How can I separate this into two strings?

advertisements

I am new to Python, I am not sure what should I be looking for but I assure you I have done my research and still came up with a rather ugly 20 lines long block of code for this simple issue.

I am processing a traversal URL with my app based on Pyramid framework.

Now, the URL can be these: (url = None)

  1. url = ""
  2. url = "/"
  3. url = "/block_1"
  4. url = "/block_1/"
  5. url = "/block_1/block_2"
  6. url = "/block_1/block_2/"

The url can contain nothing. In this case, I want my function to return False, None, or an empty list or tuple. (Does not matter which.) (matching options 0 or 1)

Block_1: This is a single word, a to Z string. Can not and should not contain any special characters. In fact, what's fetched as block_1, should be in a dictionary (or a list) and if not found, an error should be raised and returned. If block_1 is not there or not found, the function, as stated above, should return False, None or empty list or tuple. (matching options 2 and 3)

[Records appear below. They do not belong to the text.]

-- ===== src/Condition/Tokens.antt =====
-- impl/lnpl/condition.py: a printed operand is one word that `_parse_operand` reads back.
use linkly.Base.{ℕ, ◌*◌, ◌/◌, ◌%◌, ◌≤◌, ◌≡◌, refl, true, false, List, [], ◌∷◌, ◌++◌, all, arith}
use linkly.Base.Result.{ok}
use linkly.Base.Text.{Text, is_digit, is_lower, all_digits}
use linkly.Base.Decimal.{decimal, all_digits-decimal, int_of-decimal}
use linkly.Lexer.Words.{int64_max}
use linkly.Lexer.Duration.{DurationUnit, millis, secs, mins, hours, days, unit_text, unit_ms}
use linkly.Lexer.Duration.Reads.{duration_ms_or_none-digits, duration-not_digit}
use linkly.Condition.Names.{is_reference_name}
use linkly.Condition.Names.Shape.{not_empty_reference, reference_starts}
use linkly.Condition.Syntax.{Operand, ref, lit}
use linkly.Condition.Parse.{parse_operand}
use linkly.Condition.Print.{duration_render, render_unit, duration_text, operand_text}

-- An operand that the grammar can spell: a reference name, or a number of the 64-bit domain.
abbrev pub FitsOperand : Operand → Type 0
FitsOperand (ref name) = is_reference_name name ≡ true
FitsOperand (lit n is_duration) = n ≤ int64_max

-- The unit that is printed divides the value.
render_unit-divides : (us : List DurationUnit) (n : ℕ) → n % unit_ms (render_unit us n) ≡ 0
unfolding render_unit
render_unit-divides [] n = omega arith
render_unit-divides (u ∷ us) n = ground (arith, render_unit-divides us n)

unit_ms_product : (u : DurationUnit) (n : ℕ) → n % unit_ms u ≡ 0 → n / unit_ms u * unit_ms u ≡ n
unit_ms_product millis n h = omega arith
unit_ms_product secs n h = omega arith
unit_ms_product mins n h = omega arith
unit_ms_product hours n h = omega arith
unit_ms_product days n h = omega arith

all-digits_unit : (head : Text) (u : DurationUnit) → all is_digit (head ++ unit_text u) ≡ false
unfolding is_digit
all-digits_unit [] millis = refl
all-digits_unit [] secs = refl
all-digits_unit [] mins = refl
all-digits_unit [] hours = refl
all-digits_unit [] days = refl
all-digits_unit (c ∷ head) u = ground (arith, all-digits_unit head u)

-- Digits and a unit are not digits alone.
all_digits-unit : (head : Text) (u : DurationUnit) → all_digits (head ++ unit_text u) ≡ false
unfolding all_digits
all_digits-unit [] u = unfold is_digit in ground (arith, all-digits_unit [] u)
all_digits-unit (c ∷ head) u = all-digits_unit (c ∷ head) u

-- A number of milliseconds, spelled in a unit that divides it.
parse_operand-duration :
    (u : DurationUnit) (n : ℕ)
    → n % unit_ms u ≡ 0
    → n ≤ int64_max
    → parse_operand (decimal (n / unit_ms u) ++ unit_text u) ≡ ok (lit n true)
unfolding parse_operand
parse_operand-duration u n e fits =
    let q = n / unit_ms u in
    rw
      (
        all_digits-unit (decimal q) u,
        duration_ms_or_none-digits (decimal q) (all_digits-decimal q) u,
        int_of-decimal q,
        unit_ms_product u n e,
      )
      (ground arith)

parse_operand-ref :
    (name : Text) → is_reference_name name ≡ true → parse_operand name ≡ ok (ref name)
unfolding parse_operand all_digits is_lower
parse_operand-ref [] h = cc not_empty_reference
parse_operand-ref (c ∷ name) h =
    ground (arith, duration-not_digit c name, reference_starts c name h)

-- The parser reads a printed operand back.
pub parse_operand-operand_text :
    (o : Operand) → FitsOperand o → parse_operand (operand_text o) ≡ ok o
unfolding parse_operand operand_text duration_text
parse_operand-operand_text (ref name) h = parse_operand-ref name h
parse_operand-operand_text (lit n false) h = rw (all_digits-decimal, int_of-decimal) (ground arith)
parse_operand-operand_text (lit n true) h =
    parse_operand-duration (render_unit duration_render n) n (render_unit-divides duration_render n)
      h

Block_2: Block_2 can be anything. For simplicity, it can contain any characters of any languages along with special characters such as: ()[]. Excuse me if I'm mistaken but I think what I want is basically for it to match [\pL\pN].*, with one exception: its last character can not be either of slashes: neither "\" nor "/". Preferably, I would like it to be a to Z (including all languages' alphabets and their accented characters) along with some other characters from a list (which I define specially as mentioned above: () and []). If block_2 is not given it should have the value None and if it's not matched, it should return False. (matching last 2 options listed above)

My code starts with, rather primitively for which I apologise:

if not url:
    return False
# then goes on evaluating the first charachter to see if it's a /
if fetch[0]  == '/':
    length = len(url)
    #then checks if there's a second / for the block_2
    slash_2 = fetch.find('/', 3) # or '/', 1
    if slash_2 == -1:
        block_1, block_2 = url[1:length].lower(), None
        # checks if block_1 is in a dictionary
        if not block_1 in the_dict:
            return False
    else: # if it's there it processes what's remaining
        block_1 = fetch[1:slash_2]
        block_2 = fetch[slash_2+1:]
        # then checks if there's another slash at the end of block_2
        if block_2[-1] == '/': # if so it removes it
            block_2 = block_2[:-1]
return False # otherwise returns false, which can be () or [] or None

I'm sorry if my code is terrible and over complicated. I would love nothing more than a more elegant and better way to do this.

So how can I do it? What should I do to get rid of this jammed lines of code?

Thank you.


split('/') should definitely be used and that should help you parse the URL.

If that is not sufficient, urlparse should be used to parse

urlparse.urlparse(path)

In [31]: url = 'http://stackoverflow.com/questions/12809298/how-can-i-separate-this-into-two-strings/12809315#12809315'

In [32]: urlparse.urlparse(url)
Out[32]: ParseResult(scheme='http', netloc='stackoverflow.com', path='/questions/12809298/how-can-i-separate-this-into-two-strings/12809315', params='', query='', fragment='12809315')

In [33]: a = urlparse.urlparse(url)

In [34]: a.path
Out[34]: '/questions/12809298/how-can-i-separate-this-into-two-strings/12809315'

In [35]: a.path.split('/')
Out[35]:
['',
 'questions',
 '12809298',
 'how-can-i-separate-this-into-two-strings',
 '12809315']